Co dla Rockets mogła oznaczać tak dobra postawa w starciu z Thunder ? Oprócz tego, że Houston na dobre przypomniało sobie jak to jest być częścią wielkiej koszykówki, to zawodnicy mogli zapisać się w historii jako jedyny zespół, który ze stanu 0-3 zmienił losy serii i wygrał 4-3. Do tego sztuki tej dokonać na ubiegłorocznych finalistach. Ta historia byłaby jednak zbyt piękna i zapewne za rok nikt nie będzie pamiętał, że gdyby Rockets poszli za ciosem w 3 kwarcie szóstego spotkania, to czekalibyśmy właśnie na Game 7 i fani Thunder pociliby się za strachu.

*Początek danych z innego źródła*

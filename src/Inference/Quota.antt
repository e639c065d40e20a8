-- ===== src/Inference/Quota.antt =====
-- What the calls of llm/admission.py keep of the shared quota.
use estudio_polymind_llm_orc.Prelude.{
  ℕ, suc, ◌+◌, ◌≤◌, ◌≡◌, refl, sym, subst, String, Bool, true, false, Option, List, [], ◌∷◌, ◌++◌,
  ◌==◌, length, select, find, find-update, select-append, sum_of-append, length-append, str_eq, ltb,
  Option-cases, inl, inr, arith, str_eq_refl, ◌||◌, ◌&&◌, &&-eq-true,
}
use estudio_polymind_llm_orc.Jobs.Models.{Uuid, Micros}
use estudio_polymind_llm_orc.Governance.Models.{Workload, CallIdentity}
use estudio_polymind_llm_orc.Inference.Admission.{
  AdmissionPolicy, CallRow, ok, err, configuration_error, is_recent, quota_rows, reserved,
  over_quota, denied, acquire, finish, finished, known_outcome, new_call,
}

-- the calls of the last minute, and the unfinished ones
abbrev pub recent_of : String → Micros → List CallRow → List CallRow
recent_of quota now calls = select (is_recent now) (quota_rows quota now calls)

abbrev pub active_of : String → Micros → List CallRow → List CallRow
active_of quota now calls = select (λ r. r.active) (quota_rows quota now calls)

-- the bounds of the policy on a quota at an instant
pub record IsWithin (p : AdmissionPolicy) (quota : String) (now : Micros) (calls : List CallRow)
    : Type 0 where
  pub requests : length (recent_of quota now calls) ≤ p.rpm
  pub tokens : reserved (recent_of quota now calls) ≤ p.tpm
  pub slots : length (active_of quota now calls) ≤ p.concurrent

recent_now : (now : Micros) → ltb now (now + 60000000) ≡ true
recent_now now = ground arith

quota_rows-new :
    (quota : String) (i : CallIdentity) (input output : ℕ) (w : Workload) (ticket : Uuid)
    (now : Micros) (calls : List CallRow)
    → quota_rows quota now (calls ++ new_call quota i input output w ticket now ∷ [])
      ≡ quota_rows quota now calls ++ new_call quota i input output w ticket now ∷ []
unfolding quota_rows
quota_rows-new quota i input output w ticket now calls =
    rw (select-append _ calls (new_call quota i input output w ticket now ∷ []))
      (rw (str_eq_refl quota) (rw (recent_now now) refl))

recent_of-new :
    (quota : String) (i : CallIdentity) (input output : ℕ) (w : Workload) (ticket : Uuid)
    (now : Micros) (calls : List CallRow)
    → recent_of quota now (calls ++ new_call quota i input output w ticket now ∷ [])
      ≡ recent_of quota now calls ++ new_call quota i input output w ticket now ∷ []
recent_of-new quota i input output w ticket now calls =
    rw (quota_rows-new quota i input output w ticket now calls) (
      rw
        (select-append (is_recent now) (quota_rows quota now calls)
          (new_call quota i input output w ticket now ∷ []))
        (rw (recent_now now) refl))

active_of-new :
    (quota : String) (i : CallIdentity) (input output : ℕ) (w : Workload) (ticket : Uuid)
    (now : Micros) (calls : List CallRow)
    → active_of quota now (calls ++ new_call quota i input output w ticket now ∷ [])
      ≡ active_of quota now calls ++ new_call quota i input output w ticket now ∷ []
active_of-new quota i input output w ticket now calls =
    rw (quota_rows-new quota i input output w ticket now calls) (
      select-append (λ r. r.active) (quota_rows quota now calls)
        (new_call quota i input output w ticket now ∷ []))

-- What a granted call has passed.
granted :
    (p : AdmissionPolicy) (quota : String) (i : CallIdentity) (input output : ℕ) (w : Workload)
    (ticket : Uuid) (now : Micros) (calls : List CallRow) {t : Uuid} {calls' : List CallRow}
    → acquire p quota i input output w ticket now calls ≡ (ok t, calls')
    → (denied p i (input + output) w now (quota_rows quota now calls) ≡ false)
      × (calls' ≡ calls ++ new_call quota i input output w ticket now ∷ [])
unfolding acquire
granted p quota i input output w ticket now calls {t} {calls'} e = (ground arith, ground arith)

over_quota-false :
    (p : AdmissionPolicy) (tokens : ℕ) (recent active : List CallRow)
    → over_quota p tokens recent active ≡ false
    → (suc (length recent) ≤ p.rpm)
      × (reserved recent + tokens ≤ p.tpm)
      × (suc (length active) ≤ p.concurrent)
unfolding over_quota
over_quota-false p tokens recent active h = (ground arith, ground arith, ground arith)

or-false : (a b : Bool) → (a || b) ≡ false → (a ≡ false) × (b ≡ false)
or-false a b h = ground arith

-- A call that is granted leaves the quota within the policy at its instant: the calls of the last
-- minute are at most rpm and reserve at most tpm tokens, the new one counted, and at most
-- `concurrent` calls are unfinished.
pub acquire-IsWithin :
    (p : AdmissionPolicy) (quota : String) (i : CallIdentity) (input output : ℕ) (w : Workload)
    (ticket : Uuid) (now : Micros) (calls : List CallRow) {t : Uuid} {calls' : List CallRow}
    → acquire p quota i input output w ticket now calls ≡ (ok t, calls')
    → IsWithin p quota now calls'
unfolding denied
acquire-IsWithin p quota i input output w ticket now calls {t} {calls'} e =
    let (d, same) = granted p quota i input output w ticket now calls e in
    let (q, _) =
      or-false
        (over_quota p (input + output) (recent_of quota now calls) (active_of quota now calls)) _
        d in
    let (a, b, c) = over_quota-false p (input + output) _ _ q in
    let row = new_call quota i input output w ticket now in
    subst (IsWithin p quota now) (sym same) (record {
      requests =
          rw (recent_of-new quota i input output w ticket now calls)
            (omega (arith, length-append (recent_of quota now calls) (row ∷ []), a));
      tokens = rw (recent_of-new quota i input output w ticket now calls) (
          omega (
            arith,
            sum_of-append (λ r. r.estimated_input + r.reserved_output) (recent_of quota now calls)
                (row ∷ []),
            b,
          ));
      slots =
          rw (active_of-new quota i input output w ticket now calls)
            (omega (arith, length-append (active_of quota now calls) (row ∷ []), c));
    })

-- A call that finished cannot be finished again, with any usage and outcome: it is the
-- configuration error, and nothing is written.
pub finish-once :
    (quota : String) (ticket : Uuid) (u v : Option String) (a b : String)
    (calls calls' : List CallRow)
    → finish quota ticket u a calls ≡ (ok tt, calls')
    → finish quota ticket v b calls' ≡ (err configuration_error, calls')
unfolding finish
finish-once quota ticket u v a b calls calls' e =
    elim (Option-cases (find (λ r. r.ticket == ticket && str_eq r.quota quota) calls)) [
      | inl missing ↦ ground arith
      | inr (row, f) ↦
          let g =
            find-update (λ r. r.ticket == ticket && str_eq r.quota quota) (λ r. r.ticket == ticket)
              (finished (known_outcome a) u) calls (λ z. refl)
              (λ z h. (&&-eq-true (z.ticket == ticket) (str_eq z.quota quota) h).0) f in
          ground (arith, g)
    ]
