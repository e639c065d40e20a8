-- ===== src/Jobs.antt =====
-- documents/jobs: durable document jobs. Models and the SQL tables first, then one module for each
-- group of ledger operations, then the proofs.
pub mod Models
pub mod Errors
pub mod Tables
pub mod Database
pub mod Blocks
pub mod Progression
pub mod Leases
pub mod Failing
pub mod Settling
pub mod Outbox
pub mod Reconcile
pub mod Planning
pub mod Admit
pub mod Checks
pub mod History
pub mod Worker
pub mod Reads
pub mod Service
pub mod Intents
pub mod Evolution
pub mod Progress
pub mod Delay
pub mod Claiming
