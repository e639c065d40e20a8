-- ===== src/Jobs/Blocks.antt =====
-- What is known of a transaction block that returned: each of its steps returned. Each lemma hands
-- the parts on to the rest of a proof.
use estudio_polymind_llm_orc.Prelude.{
  ◌≡◌, refl, Bool, true, false, Option, none, some, arith, if◌then◌else◌,
}
use estudio_polymind_llm_orc.Jobs.Models.{Uuid, Scope}
use estudio_polymind_llm_orc.Jobs.Tables.{Db, JobRow, StepRow}
use estudio_polymind_llm_orc.Jobs.Database.{
  Tx, Result, Error, ok, err, found, continue, ◌>>=◌, ◌>>◌, unless, get_job_row, get_step_row,
  job_of, step_of,
}

module _ {ℓ} {A B : Type 0} {C : Type ℓ} where
  continue_inv :
      (r : Result (A × Db)) (f : A → Tx B) {x : B × Db}
      → continue r f ≡ ok x
      → ((a : A) (db : Db) → r ≡ ok (a, db) → f a db ≡ ok x → C)
      → C
  continue_inv (ok (a, db)) f h k = k a db refl h
  continue_inv (err e) f h k = cc

  pub bind_inv :
      (m : Tx A) (f : A → Tx B) (db : Db) {x : B × Db}
      → (m >>= f) db ≡ ok x
      → ((a : A) (db' : Db) → m db ≡ ok (a, db') → f a db' ≡ ok x → C)
      → C
  bind_inv m f db h k = continue_inv (m db) f h k

module _ {ℓ} {B : Type 0} {C : Type ℓ} where
  pub unless_inv :
      (b : Bool) (e : Error) (n : Tx B) (db : Db) {x : B × Db}
      → (unless b e >> n) db ≡ ok x
      → (b ≡ true → n db ≡ ok x → C)
      → C
  unless_inv true e n db h k = k refl h
  unless_inv false e n db h k = cc

  found_inv :
      {A : Type 0} (o : Option A) (e : Error) (f : A → Tx B) (db : Db) {x : B × Db}
      → (found o e >>= f) db ≡ ok x
      → ((a : A) → o ≡ some a → f a db ≡ ok x → C)
      → C
  found_inv (some a) e f db h k = k a refl h
  found_inv none e f db h k = cc

  pub get_job_row_inv :
      (scope : Scope) (id : Uuid) (f : JobRow → Tx B) (db : Db) {x : B × Db}
      → (get_job_row scope id >>= f) db ≡ ok x
      → ((job : JobRow) → job_of scope id db ≡ some job → f job db ≡ ok x → C)
      → C
  unfolding get_job_row
  get_job_row_inv scope id f db h k = found_inv (job_of scope id db) _ f db h k

  pub get_step_row_inv :
      (job_id step_id : Uuid) (f : StepRow → Tx B) (db : Db) {x : B × Db}
      → (get_step_row job_id step_id >>= f) db ≡ ok x
      → ((row : StepRow) → step_of job_id step_id db ≡ some row → f row db ≡ ok x → C)
      → C
  unfolding get_step_row
  get_step_row_inv job_id step_id f db h k = found_inv (step_of job_id step_id db) _ f db h k

  -- A test that chooses between two blocks.
  pub branch_inv :
      (b : Bool) (m n : Tx B) (db : Db) {x : B × Db}
      → (if b then m else n) db ≡ ok x
      → (b ≡ true → m db ≡ ok x → C)
      → (b ≡ false → n db ≡ ok x → C)
      → C
  branch_inv true m n db h k l = k refl h
  branch_inv false m n db h k l = l refl h

module _ {ℓ} {C : Type ℓ} where
  -- A row that is read at the end of a block leaves the tables alone.
  pub get_job_row_last :
      (scope : Scope) (id : Uuid) (db : Db) {job : JobRow} {db' : Db}
      → get_job_row scope id db ≡ ok (job, db')
      → (db' ≡ db → C)
      → C
  unfolding get_job_row
  get_job_row_last scope id db h k = k (ground arith)

  pub get_step_row_last :
      (job_id step_id : Uuid) (db : Db) {row : StepRow} {db' : Db}
      → get_step_row job_id step_id db ≡ ok (row, db')
      → (db' ≡ db → C)
      → C
  unfolding get_step_row
  get_step_row_last job_id step_id db h k = k (ground arith)
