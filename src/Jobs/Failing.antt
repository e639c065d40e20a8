-- ===== src/Jobs/Failing.antt =====
-- `_cancel_step`, `_cancel_job`, `_terminal_failure` and `_failure` of documents/jobs/sqlite.py.
use estudio_polymind_llm_orc.Prelude.{
  ◌+◌, max, Bool, true, false, ◌&&◌, none, some, List, [], ◌∷◌, ◌++◌, ◌==◌, ltb, any, select,
  update, or_else, if◌then◌else◌, String,
}
use estudio_polymind_llm_orc.Jobs.Models.{Uuid, Micros, JobState, StepState, delay}
use estudio_polymind_llm_orc.Jobs.Errors.{Failure, Classification, is_retryable}
use estudio_polymind_llm_orc.Jobs.Tables.{
  Db, Ledger, JobRow, StepRow, AttemptRow, DeadLetter, Outcome, is_waiting, is_open,
}
use estudio_polymind_llm_orc.Jobs.Database.{
  Tx, raise, ledger_error, update_step, update_job, enqueue,
}
use estudio_polymind_llm_orc.Jobs.Progression.{refresh}

-- the columns that `_cancel_step` sets
abbrev pub cancelled_row : Micros → StepRow → StepRow
cancelled_row now r = record r {
  state = StepState.cancelled;
  finished_at = some now;
  failure_category = some "cancelled";
  lease_owner = none;
  lease_expires_at = none;
}

abbrev pub is_running_outcome : Outcome → Bool
is_running_outcome Outcome.running = true
is_running_outcome _ = false

-- the columns of the attempt that was running
abbrev pub cancelled_attempt : Micros → AttemptRow → AttemptRow
cancelled_attempt now a = record a {
  outcome = Outcome.cancelled;
  finished_at = some now;
  category = some "cancelled";
  classification = some Classification.cancelled;
}

-- `_cancel_step`
unfoldable pub cancel_step : Micros → Uuid → Db → Db
cancel_step now step_id db = record db {
  steps = update (λ r. r.step_id == step_id) (cancelled_row now) db.steps;
  attempts =
      update (λ a. a.step_id == step_id && is_running_outcome a.outcome) (cancelled_attempt now)
        db.attempts;
}

-- `for row in list(…): self._cancel_step(db, row, now)`
unfoldable pub cancel_steps : Micros → List StepRow → Db → Db
cancel_steps now [] db = db
cancel_steps now (r ∷ rs) db = cancel_steps now rs (cancel_step now r.step_id db)

-- the columns that `_cancel_job` sets on the job
abbrev pub cancelling_row : JobRow → JobRow
cancelling_row j = record j { cancel_requested = true; state = JobState.cancel_requested }

-- `_cancel_job`
unfoldable pub cancel_job : Uuid → Micros → Db → Db
cancel_job job_id now db =
    let db' = update_job job_id cancelling_row db in
    cancel_steps now (select (λ r. r.job_id == job_id && is_waiting r.state) db'.steps) db'

-- INSERT OR IGNORE INTO dead_letters
abbrev pub add_dead_letter : DeadLetter → List DeadLetter → List DeadLetter
add_dead_letter d ds = if any (λ e. e.step_id == d.step_id) ds then ds else ds ++ d ∷ []

-- the columns that `_terminal_failure` sets on the step
abbrev pub failed_row : String → Micros → StepRow → StepRow
failed_row category now r = record r {
  state = StepState.failed;
  finished_at = some now;
  failure_category = some category;
  lease_owner = none;
  lease_expires_at = none;
}

-- the UPDATE of the step and the dead letter of `_terminal_failure`
abbrev pub bury : StepRow → String → Classification → Micros → Db → Db
bury row category classification now db = record db {
  steps = update (λ r. r.step_id == row.step_id) (failed_row category now) db.steps;
  dead_letters =
      add_dead_letter
        (record {
          step_id = row.step_id;
          category = category;
          classification = classification;
          created_at = now;
        })
        db.dead_letters;
}

-- the columns that `_terminal_failure` sets on the job
abbrev pub failed_job_row : String → JobRow → JobRow
failed_job_row category j = record j { state = JobState.failed; terminal_category = some category }

abbrev pub fail_job : Uuid → String → Db → Db
fail_job job_id category = update_job job_id (failed_job_row category)

-- `_terminal_failure`: the step and its job fail, and every other open step of the job is cancelled
unfoldable pub terminal_failure : StepRow → String → Classification → Micros → Db → Db
terminal_failure row category classification now db =
    let db' = fail_job row.job_id category (bury row category classification now db) in
    cancel_steps now (select (λ r. r.job_id == row.job_id && is_open r.state) db'.steps) db'

-- the columns that a retry sets on the step
abbrev pub waiting_row : String → Micros → StepRow → StepRow
waiting_row category retry_at r = record r {
  state = StepState.retry_wait;
  not_before = retry_at;
  failure_category = some category;
  lease_owner = none;
  lease_expires_at = none;
}

-- the UPDATE of the attempt
unfoldable pub record_attempt : StepRow → Failure → Bool → Micros → Micros → Db → Db
record_attempt row failure retry later now db = record db {
  attempts =
      update (λ a. a.step_id == row.step_id && a.fence == row.fence)
        (λ a. record a {
          outcome = if retry then Outcome.retry_wait else Outcome.failed;
          finished_at = some now;
          category = some failure.category;
          classification = some failure.classification;
          not_before = if retry then some later else none;
        })
        db.attempts;
}

-- the category that the step keeps: a retryable failure past its limits is `retry_exhausted`
unfoldable pub kept_category : Failure → Bool → String
kept_category failure retry =
    if retry
    then failure.category
    else if is_retryable failure.classification
    then "retry_exhausted"
    else failure.category

unfoldable pub settle_failure : StepRow → Failure → Bool → Micros → Micros → Db → Db
settle_failure row failure retry later now db =
    if retry
    then enqueue row.step_id now later
        (update_step row.step_id (waiting_row (kept_category failure retry) later) db)
    else terminal_failure row (kept_category failure retry) failure.classification now db

module _ (l : Ledger) where
  -- the instant of the next attempt
  unfoldable pub retry_at : JobRow → StepRow → Failure → Micros → Micros
  retry_at job row failure now =
      now
      + max (delay l.hashing job.request.profile.retry row.step_key (max row.attempt_count 1))
          (or_else failure.retry_after 0)

  -- the test of `_failure`, for a step that started at `started`
  unfoldable pub may_retry : JobRow → StepRow → Failure → Micros → Micros → Bool
  unfolding retry_at
  may_retry job row failure started now =
      is_retryable failure.classification
      && ltb row.attempt_count job.request.profile.retry.max_attempts
      && ltb (retry_at job row failure now) (started + job.request.profile.retry.budget_micros)

  -- `_failure` for a step that started at `started`
  unfoldable pub fail_started : JobRow → StepRow → Failure → Micros → Micros → Tx (Unit {0})
  unfolding may_retry retry_at record_attempt settle_failure kept_category
  fail_started job row failure started now db =
      let retry = may_retry job row failure started now in
      let later = retry_at job row failure now in
      refresh row.job_id now
        (settle_failure row failure retry later now (record_attempt row failure retry later now db))

  -- `_failure`; the time of a NULL `started_at` is a TypeError
  unfoldable pub fail_step : JobRow → StepRow → Failure → Micros → Tx (Unit {0})
  unfolding fail_started
  fail_step job row failure now = elim row.started_at [
    | none ↦ raise ledger_error
    | some started ↦ fail_started job row failure started now
  ]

Ta seria dała jasny sygnał do reszty ligi, że warto być częścią Rockets, bo w zespole po T-Macu i Yao znowu wróciło życie. O co chodzi? Chociażby o sfrustrowanego Dwighta Howarda, który chyba jednak nie wytrzymał presji gry obok Koby’ego Bryanta i bycia liderem zespołu. W Houston na pewno oczekiwaliby od niego także wielkich rzeczy, ale zawsze w zapasie byłby James Harden. Swoją drogą duet Harden-Howard mógłby sporo namieszać na zachodzie. Pasowałby do gry Rockets, bo jeszcze bardziej zmuszałby rywali do zacieśniania pola gry i otwierałby tym samym wolne pozycje dla strzelców. Oprócz niego na rynku będzie kilku ciekawych zawodników (np. mający dość Atlanty-Josh Smith), a ewentualnie na Omera Asika chętni powinni się znaleźć.
Grizzlies mają ogromną szansę na finał konf. i prawdę mówiąc wolałbym ich tam widzieć zamiast Thunder.Brak Westbrooka otworzyła przed Grizzilies nowe możliwości a osłabiła znacząco Thunder. Seria będzie długa i wyczrpująca.